» What to work on
Across all entries below, how many lines include "over"? Answer with the number alone.

+--

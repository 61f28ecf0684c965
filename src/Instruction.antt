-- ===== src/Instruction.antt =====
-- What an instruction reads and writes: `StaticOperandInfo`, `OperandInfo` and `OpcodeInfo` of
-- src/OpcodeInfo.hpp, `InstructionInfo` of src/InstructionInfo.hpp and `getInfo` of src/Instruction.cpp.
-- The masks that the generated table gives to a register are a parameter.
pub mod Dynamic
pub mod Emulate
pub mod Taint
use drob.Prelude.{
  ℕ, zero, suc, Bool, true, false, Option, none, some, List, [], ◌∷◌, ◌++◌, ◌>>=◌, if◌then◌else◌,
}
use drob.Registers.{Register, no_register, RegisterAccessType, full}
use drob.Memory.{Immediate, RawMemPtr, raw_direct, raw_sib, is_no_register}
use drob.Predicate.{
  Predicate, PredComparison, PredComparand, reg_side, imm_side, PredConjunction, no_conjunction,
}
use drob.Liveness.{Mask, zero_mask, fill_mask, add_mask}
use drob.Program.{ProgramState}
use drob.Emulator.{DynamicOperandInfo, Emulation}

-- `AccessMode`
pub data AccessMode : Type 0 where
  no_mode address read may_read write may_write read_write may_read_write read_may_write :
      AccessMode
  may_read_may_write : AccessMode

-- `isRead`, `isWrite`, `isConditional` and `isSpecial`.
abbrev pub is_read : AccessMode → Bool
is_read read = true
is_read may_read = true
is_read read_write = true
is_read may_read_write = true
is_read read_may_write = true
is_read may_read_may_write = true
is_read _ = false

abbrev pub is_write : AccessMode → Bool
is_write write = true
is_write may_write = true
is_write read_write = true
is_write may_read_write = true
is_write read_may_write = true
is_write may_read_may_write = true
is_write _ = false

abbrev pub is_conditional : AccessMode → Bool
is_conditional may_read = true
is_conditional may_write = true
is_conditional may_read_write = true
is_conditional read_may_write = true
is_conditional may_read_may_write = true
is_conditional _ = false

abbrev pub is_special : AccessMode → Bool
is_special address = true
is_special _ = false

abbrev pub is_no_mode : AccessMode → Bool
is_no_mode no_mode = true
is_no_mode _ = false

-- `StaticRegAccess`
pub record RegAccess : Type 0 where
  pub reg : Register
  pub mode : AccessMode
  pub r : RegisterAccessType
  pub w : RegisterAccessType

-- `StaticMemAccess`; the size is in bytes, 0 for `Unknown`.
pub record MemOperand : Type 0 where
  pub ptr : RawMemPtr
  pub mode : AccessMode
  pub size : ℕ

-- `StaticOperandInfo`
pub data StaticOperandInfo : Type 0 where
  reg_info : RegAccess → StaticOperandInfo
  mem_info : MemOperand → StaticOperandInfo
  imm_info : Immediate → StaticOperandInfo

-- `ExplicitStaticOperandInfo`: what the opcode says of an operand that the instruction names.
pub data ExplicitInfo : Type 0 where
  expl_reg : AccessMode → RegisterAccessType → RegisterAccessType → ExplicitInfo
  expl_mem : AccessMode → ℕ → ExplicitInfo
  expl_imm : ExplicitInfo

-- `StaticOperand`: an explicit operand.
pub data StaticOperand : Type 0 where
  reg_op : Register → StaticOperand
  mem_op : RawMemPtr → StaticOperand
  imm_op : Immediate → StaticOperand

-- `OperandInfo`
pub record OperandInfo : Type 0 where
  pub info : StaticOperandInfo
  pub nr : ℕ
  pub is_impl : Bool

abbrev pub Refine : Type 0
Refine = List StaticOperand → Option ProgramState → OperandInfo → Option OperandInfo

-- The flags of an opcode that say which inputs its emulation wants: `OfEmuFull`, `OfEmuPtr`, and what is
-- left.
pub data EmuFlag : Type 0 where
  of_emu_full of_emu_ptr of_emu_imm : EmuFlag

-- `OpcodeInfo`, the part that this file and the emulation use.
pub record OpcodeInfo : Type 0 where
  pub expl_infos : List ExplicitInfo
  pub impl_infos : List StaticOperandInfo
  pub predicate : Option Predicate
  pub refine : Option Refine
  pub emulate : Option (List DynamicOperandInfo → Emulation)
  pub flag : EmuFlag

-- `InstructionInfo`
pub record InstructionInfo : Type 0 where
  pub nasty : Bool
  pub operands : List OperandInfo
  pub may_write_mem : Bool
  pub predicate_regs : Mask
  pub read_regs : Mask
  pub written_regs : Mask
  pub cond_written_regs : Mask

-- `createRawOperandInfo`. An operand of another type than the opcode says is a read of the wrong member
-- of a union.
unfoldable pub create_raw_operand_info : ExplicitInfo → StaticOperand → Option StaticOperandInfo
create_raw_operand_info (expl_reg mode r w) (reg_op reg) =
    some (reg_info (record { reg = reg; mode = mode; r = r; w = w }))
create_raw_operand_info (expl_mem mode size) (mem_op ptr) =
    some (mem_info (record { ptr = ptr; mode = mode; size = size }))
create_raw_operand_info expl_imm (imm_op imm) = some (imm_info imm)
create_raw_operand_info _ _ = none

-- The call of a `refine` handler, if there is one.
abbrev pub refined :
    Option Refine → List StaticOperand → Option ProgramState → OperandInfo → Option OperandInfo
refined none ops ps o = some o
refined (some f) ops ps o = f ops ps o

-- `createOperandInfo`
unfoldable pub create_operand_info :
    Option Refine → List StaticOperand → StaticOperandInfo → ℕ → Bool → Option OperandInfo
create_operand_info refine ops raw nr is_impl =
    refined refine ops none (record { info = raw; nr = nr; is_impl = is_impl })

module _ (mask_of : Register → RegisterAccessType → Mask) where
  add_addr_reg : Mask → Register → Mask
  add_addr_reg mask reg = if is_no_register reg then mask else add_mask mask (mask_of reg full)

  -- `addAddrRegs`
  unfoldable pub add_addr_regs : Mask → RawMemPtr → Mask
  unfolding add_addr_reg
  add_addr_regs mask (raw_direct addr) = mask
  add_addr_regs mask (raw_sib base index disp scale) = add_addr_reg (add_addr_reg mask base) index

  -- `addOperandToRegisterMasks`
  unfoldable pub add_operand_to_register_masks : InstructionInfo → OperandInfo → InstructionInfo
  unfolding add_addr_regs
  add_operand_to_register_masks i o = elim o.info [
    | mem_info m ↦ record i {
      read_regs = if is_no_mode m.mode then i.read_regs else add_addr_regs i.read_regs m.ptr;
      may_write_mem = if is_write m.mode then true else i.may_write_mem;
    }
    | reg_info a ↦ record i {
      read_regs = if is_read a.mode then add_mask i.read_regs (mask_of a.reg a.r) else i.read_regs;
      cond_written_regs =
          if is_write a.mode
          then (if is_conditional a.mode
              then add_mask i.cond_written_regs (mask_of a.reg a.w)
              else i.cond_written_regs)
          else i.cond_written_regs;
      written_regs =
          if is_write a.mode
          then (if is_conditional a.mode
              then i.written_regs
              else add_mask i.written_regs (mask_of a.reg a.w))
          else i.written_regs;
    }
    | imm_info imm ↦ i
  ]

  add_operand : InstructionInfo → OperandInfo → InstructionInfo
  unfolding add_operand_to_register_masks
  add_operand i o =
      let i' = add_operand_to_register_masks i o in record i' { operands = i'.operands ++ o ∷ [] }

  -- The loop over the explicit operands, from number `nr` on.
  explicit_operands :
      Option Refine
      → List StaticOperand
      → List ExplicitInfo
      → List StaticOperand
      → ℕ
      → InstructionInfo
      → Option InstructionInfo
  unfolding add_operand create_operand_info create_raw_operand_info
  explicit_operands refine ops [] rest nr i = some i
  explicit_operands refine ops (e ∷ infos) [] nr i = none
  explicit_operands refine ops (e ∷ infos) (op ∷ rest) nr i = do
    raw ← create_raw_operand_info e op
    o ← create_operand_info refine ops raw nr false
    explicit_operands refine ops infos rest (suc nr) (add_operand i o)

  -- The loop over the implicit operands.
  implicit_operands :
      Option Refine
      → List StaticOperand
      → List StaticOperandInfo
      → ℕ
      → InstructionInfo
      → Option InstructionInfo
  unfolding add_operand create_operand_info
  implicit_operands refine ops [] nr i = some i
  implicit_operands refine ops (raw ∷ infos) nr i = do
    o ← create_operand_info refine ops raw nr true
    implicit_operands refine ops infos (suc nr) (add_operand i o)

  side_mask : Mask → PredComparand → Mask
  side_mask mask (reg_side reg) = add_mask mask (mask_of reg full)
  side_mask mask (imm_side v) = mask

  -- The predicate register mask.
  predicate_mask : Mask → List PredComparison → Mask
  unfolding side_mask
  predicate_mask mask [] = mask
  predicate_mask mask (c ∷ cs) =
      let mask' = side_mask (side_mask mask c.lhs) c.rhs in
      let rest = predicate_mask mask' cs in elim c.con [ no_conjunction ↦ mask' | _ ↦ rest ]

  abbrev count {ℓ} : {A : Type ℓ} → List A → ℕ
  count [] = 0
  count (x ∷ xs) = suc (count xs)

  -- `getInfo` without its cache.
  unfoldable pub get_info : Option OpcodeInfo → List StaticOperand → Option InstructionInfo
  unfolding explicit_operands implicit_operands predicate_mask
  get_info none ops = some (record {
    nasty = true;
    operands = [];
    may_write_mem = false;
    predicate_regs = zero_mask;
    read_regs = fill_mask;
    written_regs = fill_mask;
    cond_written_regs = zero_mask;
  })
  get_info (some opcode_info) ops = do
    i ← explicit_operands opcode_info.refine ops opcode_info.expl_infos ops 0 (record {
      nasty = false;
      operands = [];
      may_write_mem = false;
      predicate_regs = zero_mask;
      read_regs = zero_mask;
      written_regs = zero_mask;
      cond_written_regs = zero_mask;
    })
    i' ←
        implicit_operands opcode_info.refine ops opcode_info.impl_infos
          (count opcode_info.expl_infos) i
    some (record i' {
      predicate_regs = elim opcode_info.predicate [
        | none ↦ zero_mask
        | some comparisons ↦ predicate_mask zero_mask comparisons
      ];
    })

+--

» The completed task
2